- Directed by: Maysoon Pachachi
- Produced by: Maysoon Pachachi
- Narrated by: Maysoon Pachachi
- Cinematography: Maysoon Pachachi
- Edited by: Anne Even Maysoon Pachachi Gary Sims
- Distributed by: Arab Film Distribution
- Release date: 27 April 2004 (U.S.);
- Running time: 88 minutes
- Country: Iraq
- Languages: Arabic English
- Budget: $5,000
- Box office: $1,338

= Return to the Land of Wonders =

Return to the Land of Wonders is a documentary film made almost single-handedly by Maysoon Pachachi in 2003–04.

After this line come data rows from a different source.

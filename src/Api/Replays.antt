-- ===== src/Api/Replays.antt =====
-- What a replayed response is.
use nftlox.Prelude.{
  ℕ, suc, ◌+◌, ◌≤◌, ◌<◌, String, true, ◌≡◌, refl, some, [], ◌∷◌, ◌==◌, eq_iff, eq_refl, length,
  if◌then◌else◌, arith, inl, inr, Bool-cases, Option-cases,
}
use nftlox.Table.{Table, get, upsert, get-upsert}
use nftlox.Json.{Value}
use nftlox.Api.Idempotency.{
  CacheEntry, hit, mismatch, IdempotencyCacheOptions, is_valid_idempotency_key, evict_expired,
  evict_overflow, answer, lookup, store,
}

-- An entry that has not expired is not evicted.
get-evict_expired :
    (k : String) (now : ℕ) (e : CacheEntry) (t : Table CacheEntry)
    → get k t ≡ some e
    → now < e.expires_at
    → get k (evict_expired now t) ≡ some e
unfolding get evict_expired
get-evict_expired k now e [] h later = ground (arith, h)
get-evict_expired k now e ((j, x) ∷ t) h later =
    ground (arith, h, later, get-evict_expired k now e t)

length-upsert_le :
    (k : String) (e : CacheEntry) (t : Table CacheEntry) → length (upsert k e t) ≤ suc (length t)
unfolding upsert
length-upsert_le k e [] = omega arith
length-upsert_le k e ((j, x) ∷ t) = ground (arith, length-upsert_le k e t)

pub length-evict_overflow : (n : ℕ) (t : Table CacheEntry) → length (evict_overflow n t) ≤ n
unfolding evict_overflow
length-evict_overflow n [] = omega arith
length-evict_overflow n (row ∷ t) = ground (arith, length-evict_overflow n t)

evict_overflow_fits : (n : ℕ) (t : Table CacheEntry) → length t ≤ n → evict_overflow n t ≡ t
unfolding evict_overflow
evict_overflow_fits n [] h = refl
evict_overflow_fits n (row ∷ t) h = ground (arith, h)

-- The entry that is set survives the eviction of the one that is too many.
get-evict_overflow :
    (n : ℕ) (k : String) (e : CacheEntry) (t : Table CacheEntry)
    → 0 < n
    → length t ≤ n
    → get k (evict_overflow n (upsert k e t)) ≡ some e
unfolding get upsert evict_overflow
get-evict_overflow n k e [] p h = ground (arith, p, eq_refl k)
get-evict_overflow n k e ((j, x) ∷ t) p h =
    let size = length-upsert_le k e t in
    let fits = evict_overflow_fits n (upsert k e t) in
    elim (Bool-cases (j == k)) [
      | inl q ↦ ground (arith, q, h)
      | inr q ↦ ground (arith, q, h, size, fits, get-upsert k k e t, eq_refl k)
    ]

-- A response that was stored under a valid key, in a cache of at least one and at most its maximum
-- of entries, is replayed to the same body until it expires, and refused to every other body; the
-- cache keeps within its maximum.
pub store-lookup :
    (options : IdempotencyCacheOptions) (key hash other : String) (status : ℕ) (body : Value)
    (stored now : ℕ) (entries : Table CacheEntry)
    → is_valid_idempotency_key key ≡ true
    → 0 < options.max_entries
    → length entries ≤ options.max_entries
    → now < stored + options.ttl_ms
    → let after = store options key hash status body stored entries in
      ((lookup key hash now after).0 ≡ hit status body)
      × ((lookup key other now after).0 ≡ (if hash == other then hit status body else mismatch))
      × (length after ≤ options.max_entries)
unfolding store lookup answer
store-lookup options key hash other status body stored now entries valid some_room fits fresh =
    let e : CacheEntry = record {
      body_hash = hash;
      status = status;
      body = body;
      expires_at = stored + options.ttl_ms;
    } in
    let kept = evict_overflow options.max_entries (upsert key e entries) in
    let found = get-evict_overflow options.max_entries key e entries some_room fits in
    let later = get-evict_expired key now e kept found fresh in
    (
      ground (arith, valid, later, eq_refl hash),
      ground (arith, valid, later),
      ground (arith, valid, length-evict_overflow options.max_entries (upsert key e entries)),
    )

-- Each entry expires no later than those behind it.
unfoldable pub InOrder : Table CacheEntry → Type 0
InOrder [] = Unit
InOrder ((k, e) ∷ t) =
    ((j : String) (x : CacheEntry) → get j t ≡ some x → e.expires_at ≤ x.expires_at) × InOrder t

fresh_entries :
    (k : String) (now : ℕ) (x : CacheEntry) (t : Table CacheEntry)
    → InOrder t
    → get k (evict_expired now t) ≡ some x
    → now < x.expires_at
unfolding get evict_expired InOrder
fresh_entries k now x [] o h = ground (arith, h)
fresh_entries k now x ((j, e) ∷ t) o h = ground (arith, h, o.0 k x, fresh_entries k now x t o.1)

-- A replay found an entry for this body, with this status and response, that has not expired.
pub record Replayed (key body_hash : String) (now status : ℕ) (body : Value)
    (kept : Table CacheEntry) : Type 0 where
  pub entry : CacheEntry
  pub found : get key kept ≡ some entry
  pub same_body : entry.body_hash ≡ body_hash
  pub same_status : entry.status ≡ status
  pub same_response : entry.body ≡ body
  pub unexpired : now < entry.expires_at

-- A lookup that hits, in a cache whose entries are in the order of their expiry, replays the status
-- and the response of an entry for the same body that has not expired.
pub lookup-Replayed :
    (key body_hash : String) (now status : ℕ) (body : Value) (entries : Table CacheEntry)
    → InOrder entries
    → (lookup key body_hash now entries).0 ≡ hit status body
    → Replayed key body_hash now status body (lookup key body_hash now entries).1
unfolding lookup answer
lookup-Replayed key body_hash now status body entries ordered h =
    elim (Bool-cases (is_valid_idempotency_key key)) [
      | inr v ↦ absurd (ground (arith, h, v))
      | inl v ↦ elim (Option-cases (get key (evict_expired now entries))) [
        | inl e ↦ absurd (ground (arith, h, v, e))
        | inr (x, e) ↦ record {
          entry = x;
          found = ground (arith, v, e);
          same_body = ground (arith, h, v, e, eq_iff x.body_hash body_hash);
          same_status = ground (arith, h, v, e);
          same_response = ground (arith, h, v, e);
          unexpired = fresh_entries key now x entries ordered e;
        }
      ]
    ]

Pachachi went returned to Iraq after an absence of 30 years when her father, Adnan Pachachi, was appointed to the Iraqi Governing Council in the aftermath of the invasion of Iraq. She brought a video camera with her to document conditions in Iraq and her father's participation in the drafting of Iraq's interim constitution.

==Reception==
On Metacritic, Return to the Land of Wonders holds a 60 out of a 100 rating based on 5 critics, indicating "mixed or average reviews". Bill Gibron of PopMatters gave the film a rating 6 out of 10, while the New York Magazine called it "Absorbing. . . depicts the Iraq situation with a rarely seen degree of complexity".